[Stored data]
----------

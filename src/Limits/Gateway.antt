-- ===== src/Limits/Gateway.antt =====
-- `consume_rate_limit` of deploy/gateway/gateway/limits.py, which lets a request pass when Redis
-- fails.
use ai_inference_gateway_pla.Base.{
  ℕ, zero, suc, ◌+◌, ◌<◌, ◌≡◌, ◌≢◌, refl, ap, ◌∙◌, Bool, true, false, Option, none, some, List,
  arith, leb, ◌==◌, if◌then◌else◌, min, inl, inr, Option-cases, Bool-cases, ==_iff,
}
use ai_inference_gateway_pla.Limits.Cache.{Redis, CacheKey, rpm, IsGone, seconds}
use ai_inference_gateway_pla.Limits.Window.{
  window_of, calls_in, admitted_in, run_calls, run_calls-admits,
}

module _ (redis : Redis) where
  open redis use {Store, lookup, incr, expire}

  abbrev after_expire : Bool → Option (Unit {0}) × Store → Bool × Store
  after_expire within (none, s) = (true, s)
  after_expire within (some _, s) = (within, s)

  abbrev after_incr : CacheKey → ℕ → ℕ → Option ℕ × Store → Bool × Store
  after_incr key limit now (none, s) = (true, s)
  after_incr key limit now (some n, s) =
      if n == 1 then after_expire (leb n limit) (expire key 120 now s) else (leb n limit, s)

  unfoldable pub consume_rate_limit : ℕ → ℕ → ℕ → Store → Bool × Store
  consume_rate_limit api_key_id limit now s =
      let key = rpm api_key_id (window_of now) in
      if limit == 0 then (true, s) else after_incr key limit now (incr key now s)

  -- Redis answers every call.
  pub record IsUp : Type 0 where
    pub incr_up : (k : CacheKey) (now : ℕ) (s : Store) → (incr k now s).0 ≢ none
    pub expire_up : (k : CacheKey) (timeout now : ℕ) (s : Store) → (expire k timeout now s).0 ≢ none

  -- The store has counted `c` calls of the key in the window, and will have to its end.
  abbrev pub Counts : ℕ → ℕ → ℕ → Store → Type 0
  Counts pk w zero s = (t : ℕ) → window_of t ≡ w → IsGone t (lookup s (rpm pk w))
  Counts pk w (suc c) s =
      (d : ℕ) × (lookup s (rpm pk w) ≡ some (suc c, some d)) × ((t : ℕ) → window_of t ≡ w → t < d)

  Answers : ℕ → ℕ → ℕ → ℕ → Bool × Store → Type 0
  Answers pk limit now c (b, s') = (b ≡ leb (suc c) limit) × Counts pk (window_of now) (suc c) s'

  after_incr-first :
      (key : CacheKey) (limit now : ℕ) (r : Option ℕ × Store)
      → r.0 ≡ some 1
      → after_incr key limit now r ≡ after_expire (leb 1 limit) (expire key 120 now r.1)
  after_incr-first key limit now (none, x) e = cc
  after_incr-first key limit now (some m, x) e = let q : m ≡ 1 = ground arith in rw q refl

  after_incr-later :
      (key : CacheKey) (limit now c : ℕ) (r : Option ℕ × Store)
      → r.0 ≡ some (suc (suc c))
      → after_incr key limit now r ≡ (leb (suc (suc c)) limit, r.1)
  after_incr-later key limit now c (none, x) e = cc
  after_incr-later key limit now c (some m, x) e =
      let q : m ≡ suc (suc c) = ground arith in
      rw q (let far : (suc (suc c) == 1) ≡ false = ground arith in rw far)

  after_expire-up :
      (b : Bool) (q : Option (Unit {0}) × Store) → q.0 ≢ none → after_expire b q ≡ (b, q.1)
  after_expire-up b (none, s) h = absurd (h refl)
  after_expire-up b (some u, s) h = refl

  answered : (k : CacheKey) (now : ℕ) (s : Store) → IsUp → (n : ℕ) × ((incr k now s).0 ≡ some n)
  answered k now s up = elim (Option-cases (incr k now s).0) [
    | inl e ↦ absurd (up.incr_up k now s e)
    | inr (n, e) ↦ (n, e)
  ]

  consume-incr :
      (pk limit now : ℕ) (s : Store) (r : Bool × Store)
      → limit ≢ 0
      → after_incr (rpm pk (window_of now)) limit now (incr (rpm pk (window_of now)) now s) ≡ r
      → consume_rate_limit pk limit now s ≡ r
  unfolding consume_rate_limit
  consume-incr pk limit now s r pos e =
      let nonzero : (limit == 0) ≡ false = ground arith in rw nonzero e

  consume-hit :
      (pk limit now c : ℕ) (s : Store)
      → limit ≢ 0
      → IsUp
      → Counts pk (window_of now) c s
      → Answers pk limit now c (consume_rate_limit pk limit now s)
  unfolding Answers
  consume-hit pk limit now zero s pos up h =
      let key = rpm pk (window_of now) in
      let (n, e) = answered key now s up in
      let (en, fresh) = redis.incr_gone key now n s (h now refl) e in
      let x = (incr key now s).1 in
      let up' = up.expire_up key 120 now x in
      rw
        (consume-incr pk limit now s _ pos (
          after_incr-first key limit now (incr key now s) (e ∙ ap some en)
          ∙ after_expire-up (leb 1 limit) (expire key 120 now x) up'))
        (
          refl,
          (
            now + seconds 120,
            redis.expire_current key 120 now 1 none x fresh tt up',
            λ t same. omega arith,
          ),
        )
  consume-hit pk limit now (suc c) s pos up (d, stored, live) =
      let key = rpm pk (window_of now) in
      let (n, e) = answered key now s up in
      let (en, kept) = redis.incr_current key now (suc c) n (some d) s stored (live now refl) e in
      let next : suc c + 1 ≡ suc (suc c) = omega arith in
      rw
        (consume-incr pk limit now s _ pos
          (after_incr-later key limit now c (incr key now s) (e ∙ ap some (en ∙ next))))
        (refl, (d, kept ∙ ap (λ m. some (m, some d)) next, live))

  rpm-ne : (pk v w : ℕ) → v ≢ w → rpm pk v ≢ rpm pk w
  rpm-ne pk v w apart e = apart (cc)

  Counts-frame :
      (pk w c : ℕ) (s s' : Store)
      → lookup s' (rpm pk w) ≡ lookup s (rpm pk w)
      → Counts pk w c s
      → Counts pk w c s'
  Counts-frame pk w zero s s' e h = λ t q. rw e (h t q)
  Counts-frame pk w (suc c) s s' e (d, f, live) = (d, e ∙ f, live)

  after_expire-store : (b : Bool) (q : Option (Unit {0}) × Store) → (after_expire b q).1 ≡ q.1
  after_expire-store b (none, s) = refl
  after_expire-store b (some u, s) = refl

  after_incr-frame :
      (key other : CacheKey) (limit now : ℕ) (r : Option ℕ × Store)
      → key ≢ other
      → lookup (after_incr key limit now r).1 other ≡ lookup r.1 other
  after_incr-frame key other limit now (none, s) apart = refl
  after_incr-frame key other limit now (some n, s) apart = ground (
    arith,
    after_expire-store (leb n limit) (expire key 120 now s),
    redis.expire_frame key other 120 now s apart,
  )

  consume-frame :
      (pk limit now w : ℕ) (s : Store)
      → window_of now ≢ w
      → lookup (consume_rate_limit pk limit now s).1 (rpm pk w) ≡ lookup s (rpm pk w)
  unfolding consume_rate_limit
  consume-frame pk limit now w s apart =
      let key = rpm pk (window_of now) in
      let far = rpm-ne pk (window_of now) w apart in
      ground (
        arith,
        after_incr-frame key (rpm pk w) limit now (incr key now s) far,
        redis.incr_frame key (rpm pk w) now s far,
      )

  -- With a positive limit and while Redis answers, the calls of one key are admitted exactly up to
  -- the limit in every window that Redis has no counter for at the start, whatever the order of the
  -- times.
  pub redis_limit-admits :
      (pk limit w : ℕ) (times : List ℕ) (s : Store)
      → limit ≢ 0
      → IsUp
      → lookup s (rpm pk w) ≡ none
      → admitted_in w (run_calls (consume_rate_limit pk limit) times s)
        ≡ min limit (calls_in w times)
  unfolding Answers
  redis_limit-admits pk limit w times s pos up fresh =
      run_calls-admits (consume_rate_limit pk limit) limit (Counts pk) hit
        (λ t v c x apart h. Counts-frame pk v c x _ (consume-frame pk limit t v x apart) h) w times
        s (λ t q. rw fresh tt)
    where
      hit :
          (t c : ℕ) (x : Store)
          → Counts pk (window_of t) c x
          → ((consume_rate_limit pk limit t x).0 ≡ leb (c + 1) limit)
            × Counts pk (window_of t) (c + 1) (consume_rate_limit pk limit t x).1
      hit t c x h =
          let e : c + 1 ≡ suc c = omega arith in rw e (consume-hit pk limit t c x pos up h)

  after_expire-refuses :
      (b : Bool) (q : Option (Unit {0}) × Store) → (after_expire b q).0 ≡ false → b ≡ false
  after_expire-refuses b (none, s) h = cc
  after_expire-refuses b (some u, s) h = h

  after_incr-refuses :
      (key : CacheKey) (limit now : ℕ) (r : Option ℕ × Store)
      → (after_incr key limit now r).0 ≡ false
      → (n : ℕ) × (r.0 ≡ some n) × (limit < n)
  after_incr-refuses key limit now (none, s) h = cc
  after_incr-refuses key limit now (some n, s) h =
      (n, refl, ground (arith, after_expire-refuses (leb n limit) (expire key 120 now s)))

  -- A request is refused only on evidence: the limit is positive, Redis answered the increment, and
  -- the count that it gave is above the limit. So no failure of Redis refuses a request.
  pub redis_limit-refuses :
      (pk limit now : ℕ) (s : Store)
      → (consume_rate_limit pk limit now s).0 ≡ false
      → (limit ≢ 0) × (n : ℕ) × ((incr (rpm pk (window_of now)) now s).0 ≡ some n) × (limit < n)
  unfolding consume_rate_limit
  redis_limit-refuses pk limit now s h = elim (Bool-cases (limit == 0)) [
    | inl e ↦ absurd (ground arith)
    | inr e ↦
        let key = rpm pk (window_of now) in
        let (n, answer, over) = after_incr-refuses key limit now (incr key now s) (rw e at h) in
        (λ q. cc (e, (==_iff limit 0).1 q), n, answer, over)
  ]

----------

> **What needs to be done**: Report every line of the data above that contains the string "live" by copying it in full.

> **Solution to the problem**:
  consume-hit pk limit now (suc c) s pos up (d, stored, live) =
      let (en, kept) = redis.incr_current key now (suc c) n (some d) s stored (live now refl) e in
        (refl, (d, kept ∙ ap (λ m. some (m, some d)) next, live))
  Counts-frame pk w (suc c) s s' e (d, f, live) = (d, e ∙ f, live)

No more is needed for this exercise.